I could be laying on the side of the street dead right now and they wouldn't even know, or would they really care to be honest? I was under my mother's phone plan and she cut off all communication I had so now I'm relying on wifi to keep in contact with people, but all is good because I'm getting a new phone on Saturday and not a single fucking family member is getting my number, they can all go truly and royally fuck themselves for all I care, if they got killed in front of me it wouldn't phase me the slightest bit. Infact, I would pet their killer on the back and give them a round of applause!!!!!!!
I really couldn't give af, they didn't care when I was alive. It would be an act for them "oooh poor me, my sister/ daughter died give me loads of attention" or in the words of my "mother" "she will go straight to hell! Suicide is a sin "
Yes, I care too much. That's why it came too far, but I cannot take it any longer.

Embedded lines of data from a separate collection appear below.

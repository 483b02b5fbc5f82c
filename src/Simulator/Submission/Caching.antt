-- ===== src/Simulator/Submission/Caching.antt =====
-- The reads that crates/execution/simulator/src/validation/mod.rs keeps between submissions.
use mathlib.Core.Path.{subst}
use ethgas_reth.Base.{ℕ, ◌≡◌, inl, inr, sym, ap, ◌∙◌, arith, ◌==◌, Bool-cases, Option, some}
use ethgas_reth.Fallible.{done}
use ethgas_reth.Types.{B256}
use ethgas_reth.Simulator.Types.{Output, SubmittedBlock, SealedHeader, BidTrace}
use ethgas_reth.Simulator.Header.{Headers, IsParent}
use ethgas_reth.Simulator.Submission.{
  Engine, Views, Request, Cache, cached_reads, update_cached_reads, check_before, execute_block,
  validate_message_against_block,
}
use ethgas_reth.Simulator.Submission.Outcomes.{Result-cases}
use ethgas_reth.Simulator.Submission.Admission.{check_before-IsAdmissible}
use ethgas_reth.Simulator.Submission.Accepted.{execute_block-IsExecution}

-- Which reads are of the state of a block. There are always the empty ones, two may be joined, and
-- an execution on the state adds reads of that state.
pub record ReadsOf (engine : Engine) : Type 1 where
  pub Of : B256 → Engine.CachedReads engine → Type 0
  pub of_none : (head : B256) → Of head engine.no_reads
  pub of_extend :
      (head : B256) (a b : Engine.CachedReads engine)
      → Of head a
      → Of head b
      → Of head (engine.extend_reads a b)
  pub of_execution :
      (block : SubmittedBlock) (provider : Engine.StateProvider engine)
      (reads reads' : Engine.CachedReads engine) (output : Output)
      (bal : Option (Engine.BlockAccessList engine)) (state : Engine.State engine)
      → engine.state_by_block_hash block.parent_hash ≡ done provider
      → Of block.parent_hash reads
      → engine.execute_one provider reads block ≡ inr (output, bal, state, reads')
      → Of block.parent_hash reads'

module _ (engine : Engine) (law : ReadsOf engine) where
  -- The reads that are kept are of the block that they are kept for.
  abbrev pub IsCoherent : Cache engine → Type 0
  IsCoherent cache = law.Of cache.0 cache.1

  cached_reads-Of :
      (cache : Cache engine) (head : B256)
      → IsCoherent cache
      → law.Of head (cached_reads engine cache head)
  unfolding cached_reads
  cached_reads-Of cache head c = elim (Bool-cases (cache.0 == head)) [
    | inl same ↦
        let e : cache.0 ≡ head = ground (arith, same) in
        rw (same, cached_reads) (subst (λ h. law.Of h cache.1) e c)
    | inr other ↦ rw (other, cached_reads) (law.of_none head)
  ]

  update_cached_reads-IsCoherent :
      (head : B256) (reads : Engine.CachedReads engine) (cache : Cache engine)
      → law.Of head reads
      → IsCoherent cache
      → IsCoherent (update_cached_reads engine head reads cache)
  unfolding update_cached_reads
  update_cached_reads-IsCoherent head reads cache r c = elim (Bool-cases (cache.0 == head)) [
    | inl same ↦
        let e : head ≡ cache.0 = ground (arith, same) in
        rw (same, update_cached_reads)
          (law.of_extend cache.0 cache.1 reads c (subst (λ h. law.Of h reads) e r))
    | inr other ↦ rw (other, update_cached_reads) r
  ]

  -- A provider that is asked for a header by hash gives one of that hash.
  abbrev pub GivesByHash : Headers → Type 0
  GivesByHash headers =
      (hash : B256) (header : SealedHeader)
      → headers.sealed_header_by_hash hash ≡ done (some header)
      → header.hash ≡ hash

  module _ (views : Views engine) (block : SubmittedBlock) (request : Request engine) where
    parent-hash :
        (window : ℕ) (parent : SealedHeader)
        → GivesByHash views.headers
        → IsParent window views.headers block.parent_hash parent
        → parent.hash ≡ block.parent_hash
    parent-hash window parent by_hash (latest, l, place) = elim place [
      | inl (same, here) ↦ ap (λ t. t.hash) here ∙ sym same
      | inr (other, found, near) ↦ by_hash block.parent_hash parent found
    ]

    -- Where the provider gives a header of the hash that it is asked for, a submission, accepted
    -- or not, leaves the kept reads of the block that they are kept for, if they were so when it
    -- took its reads and when it gave them back.
    pub validate_message_against_block-IsCoherent :
        (window : ℕ) (message : BidTrace)
        → GivesByHash views.headers
        → IsCoherent views.cache
        → IsCoherent views.cache_after
        → IsCoherent (validate_message_against_block engine window views block message request).1
    unfolding validate_message_against_block
    validate_message_against_block-IsCoherent window message by_hash c c' =
        elim (Result-cases (check_before engine window views block message request)) [
          | inr (e, refusal) ↦ rw (refusal, validate_message_against_block) c'
          | inl (parent, passed) ↦
              let reads = cached_reads engine views.cache parent.hash in
              let here =
                parent-hash window parent by_hash
                  (check_before-IsAdmissible engine views block request window message parent
                    passed).2 in
              elim (Result-cases (execute_block engine views.disallow_after block request reads)) [
                | inr (e, refusal) ↦ rw (passed, refusal, validate_message_against_block) c'
                | inl (result, ran) ↦
                    let (bal, state, p, e, _, _) =
                      execute_block-IsExecution engine views block request reads result ran in
                    let taken =
                      subst (λ h. law.Of h reads) here
                        (cached_reads-Of views.cache parent.hash c) in
                    let given =
                      law.of_execution block result.state_provider reads result.request_cache
                        result.output bal state p taken e in
                    rw (passed, ran, validate_message_against_block)
                      (update_cached_reads-IsCoherent parent.hash result.request_cache
                        views.cache_after
                        (subst (λ h. law.Of h result.request_cache) (sym here) given) c')
              ]
        ]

My brother is disabled and very ill, and my parents are caring and loving, I feel bad for leaving them, but I cannot this any more. I feel trapped and it makes everything even more complicated and worse. I know they will never recover from my death. I will ruin all their souls and life... I just wished to live one more day than they will, but it seems I cannot last that long.
I care very much. They're wonderful people, I truly am lucky to have these people as my family. But that's not enough to stop my plan - I don't think I should continue living just so they're not hurt.
No. I used to worry about my sister, but now I know she'll be alright without me. The rest of my family are scum. The only thing I'll put in my will is that I demand a closed service so none of them can come. I don't want to give them the opportunity to put on some show for the neighbours pretending they were somehow involved or cared.